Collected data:
□ □ □ □ □
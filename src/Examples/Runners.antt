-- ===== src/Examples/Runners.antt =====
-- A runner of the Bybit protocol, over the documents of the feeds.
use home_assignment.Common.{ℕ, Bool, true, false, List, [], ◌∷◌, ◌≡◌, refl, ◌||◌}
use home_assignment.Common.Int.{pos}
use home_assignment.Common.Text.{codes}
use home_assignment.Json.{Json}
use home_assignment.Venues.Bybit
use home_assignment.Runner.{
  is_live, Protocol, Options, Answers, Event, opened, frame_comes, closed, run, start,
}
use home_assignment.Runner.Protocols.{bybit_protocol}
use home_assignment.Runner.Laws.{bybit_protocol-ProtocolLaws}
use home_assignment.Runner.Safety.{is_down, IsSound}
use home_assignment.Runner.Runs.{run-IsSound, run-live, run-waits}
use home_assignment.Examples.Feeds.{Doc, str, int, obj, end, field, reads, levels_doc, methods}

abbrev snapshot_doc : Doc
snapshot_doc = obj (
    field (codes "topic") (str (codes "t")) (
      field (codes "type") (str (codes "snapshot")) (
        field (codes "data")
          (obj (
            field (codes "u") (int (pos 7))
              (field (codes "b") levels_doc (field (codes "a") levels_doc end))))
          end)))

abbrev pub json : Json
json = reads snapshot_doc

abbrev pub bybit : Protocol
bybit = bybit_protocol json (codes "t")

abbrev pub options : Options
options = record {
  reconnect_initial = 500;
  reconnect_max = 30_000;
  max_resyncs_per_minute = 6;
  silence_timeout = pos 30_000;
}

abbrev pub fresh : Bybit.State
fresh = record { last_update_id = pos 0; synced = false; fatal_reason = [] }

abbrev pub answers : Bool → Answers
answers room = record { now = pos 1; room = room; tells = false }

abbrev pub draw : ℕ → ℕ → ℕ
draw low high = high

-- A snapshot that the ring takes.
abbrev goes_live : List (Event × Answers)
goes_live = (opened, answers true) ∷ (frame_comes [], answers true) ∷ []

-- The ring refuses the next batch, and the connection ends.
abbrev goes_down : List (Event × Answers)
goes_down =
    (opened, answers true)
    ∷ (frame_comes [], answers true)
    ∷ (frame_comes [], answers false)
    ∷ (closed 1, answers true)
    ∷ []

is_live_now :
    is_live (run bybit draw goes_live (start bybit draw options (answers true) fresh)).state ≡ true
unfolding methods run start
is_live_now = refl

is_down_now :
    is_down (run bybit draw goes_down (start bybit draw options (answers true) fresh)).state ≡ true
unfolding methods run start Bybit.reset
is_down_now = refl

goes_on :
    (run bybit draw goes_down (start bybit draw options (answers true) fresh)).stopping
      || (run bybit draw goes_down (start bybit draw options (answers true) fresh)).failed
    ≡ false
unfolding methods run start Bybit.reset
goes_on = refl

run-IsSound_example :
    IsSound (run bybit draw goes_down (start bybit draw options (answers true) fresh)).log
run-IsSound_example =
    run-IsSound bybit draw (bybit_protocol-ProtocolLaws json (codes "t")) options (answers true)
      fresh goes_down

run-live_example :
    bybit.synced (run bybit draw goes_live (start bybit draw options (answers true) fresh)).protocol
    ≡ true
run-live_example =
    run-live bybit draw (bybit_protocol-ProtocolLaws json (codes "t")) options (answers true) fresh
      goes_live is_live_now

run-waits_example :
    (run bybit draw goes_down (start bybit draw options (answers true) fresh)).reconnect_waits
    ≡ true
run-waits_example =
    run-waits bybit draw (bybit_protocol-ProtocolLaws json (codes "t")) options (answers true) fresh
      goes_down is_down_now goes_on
□ □ □ □ □
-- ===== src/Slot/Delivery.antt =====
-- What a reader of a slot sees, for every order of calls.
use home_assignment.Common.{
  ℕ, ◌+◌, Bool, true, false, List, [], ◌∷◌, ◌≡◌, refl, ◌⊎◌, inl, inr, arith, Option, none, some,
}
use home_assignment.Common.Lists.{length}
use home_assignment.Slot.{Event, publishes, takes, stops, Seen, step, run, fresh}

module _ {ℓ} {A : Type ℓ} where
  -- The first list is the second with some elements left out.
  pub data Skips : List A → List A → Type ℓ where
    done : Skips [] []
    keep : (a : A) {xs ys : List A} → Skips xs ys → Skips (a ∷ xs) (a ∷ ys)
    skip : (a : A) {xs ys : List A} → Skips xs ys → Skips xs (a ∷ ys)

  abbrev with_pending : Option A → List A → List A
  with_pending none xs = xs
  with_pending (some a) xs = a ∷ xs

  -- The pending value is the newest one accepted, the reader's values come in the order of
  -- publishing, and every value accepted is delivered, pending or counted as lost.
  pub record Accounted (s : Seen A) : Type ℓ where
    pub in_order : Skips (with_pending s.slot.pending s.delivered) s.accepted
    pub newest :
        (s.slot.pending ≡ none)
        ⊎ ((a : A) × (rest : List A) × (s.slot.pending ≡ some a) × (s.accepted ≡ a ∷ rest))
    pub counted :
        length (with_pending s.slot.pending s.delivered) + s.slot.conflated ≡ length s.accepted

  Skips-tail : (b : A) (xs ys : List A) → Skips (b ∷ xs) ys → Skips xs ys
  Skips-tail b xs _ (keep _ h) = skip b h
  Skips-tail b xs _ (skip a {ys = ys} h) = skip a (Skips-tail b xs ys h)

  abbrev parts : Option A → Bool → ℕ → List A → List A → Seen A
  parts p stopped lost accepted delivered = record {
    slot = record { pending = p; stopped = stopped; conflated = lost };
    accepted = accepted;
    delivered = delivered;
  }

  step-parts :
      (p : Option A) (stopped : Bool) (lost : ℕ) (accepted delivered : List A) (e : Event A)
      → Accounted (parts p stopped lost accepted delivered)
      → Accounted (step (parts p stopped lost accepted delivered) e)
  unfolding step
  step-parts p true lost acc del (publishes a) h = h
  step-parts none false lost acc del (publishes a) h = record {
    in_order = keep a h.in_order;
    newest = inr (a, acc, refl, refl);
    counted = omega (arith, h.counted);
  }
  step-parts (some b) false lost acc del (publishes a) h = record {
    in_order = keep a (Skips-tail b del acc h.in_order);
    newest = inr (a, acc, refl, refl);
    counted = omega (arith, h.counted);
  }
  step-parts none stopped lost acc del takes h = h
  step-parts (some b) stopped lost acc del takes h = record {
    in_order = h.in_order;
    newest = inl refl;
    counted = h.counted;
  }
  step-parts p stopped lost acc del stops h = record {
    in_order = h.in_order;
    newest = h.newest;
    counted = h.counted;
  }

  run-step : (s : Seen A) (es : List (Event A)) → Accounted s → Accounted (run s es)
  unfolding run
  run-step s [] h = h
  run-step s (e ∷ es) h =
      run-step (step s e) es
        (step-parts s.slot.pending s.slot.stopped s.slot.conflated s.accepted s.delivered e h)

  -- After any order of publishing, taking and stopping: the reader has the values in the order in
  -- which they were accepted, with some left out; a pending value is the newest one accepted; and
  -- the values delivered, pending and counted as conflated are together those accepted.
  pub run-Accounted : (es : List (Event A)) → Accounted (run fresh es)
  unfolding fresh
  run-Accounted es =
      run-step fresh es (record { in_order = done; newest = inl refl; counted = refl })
□ □ □ □ □
▶ [Try it]: Beginning at the line above with "step-parts none false" and finishing at the line with "run-step fresh es", return each line exactly and return nothing else.

▶ [Exercise answer]:
  step-parts none false lost acc del (publishes a) h = record {
    in_order = keep a h.in_order;
    newest = inr (a, acc, refl, refl);
    counted = omega (arith, h.counted);
  }
  step-parts (some b) false lost acc del (publishes a) h = record {
    in_order = keep a (Skips-tail b del acc h.in_order);
    newest = inr (a, acc, refl, refl);
    counted = omega (arith, h.counted);
  }
  step-parts none stopped lost acc del takes h = h
  step-parts (some b) stopped lost acc del takes h = record {
    in_order = h.in_order;
    newest = inl refl;
    counted = h.counted;
  }
  step-parts p stopped lost acc del stops h = record {
    in_order = h.in_order;
    newest = h.newest;
    counted = h.counted;
  }

  run-step : (s : Seen A) (es : List (Event A)) → Accounted s → Accounted (run s es)
  unfolding run
  run-step s [] h = h
  run-step s (e ∷ es) h =
      run-step (step s e) es
        (step-parts s.slot.pending s.slot.stopped s.slot.conflated s.accepted s.delivered e h)

  -- After any order of publishing, taking and stopping: the reader has the values in the order in
  -- which they were accepted, with some left out; a pending value is the newest one accepted; and
  -- the values delivered, pending and counted as conflated are together those accepted.
  pub run-Accounted : (es : List (Event A)) → Accounted (run fresh es)
  unfolding fresh
  run-Accounted es =
      run-step fresh es (record { in_order = done; newest = inl refl; counted = refl })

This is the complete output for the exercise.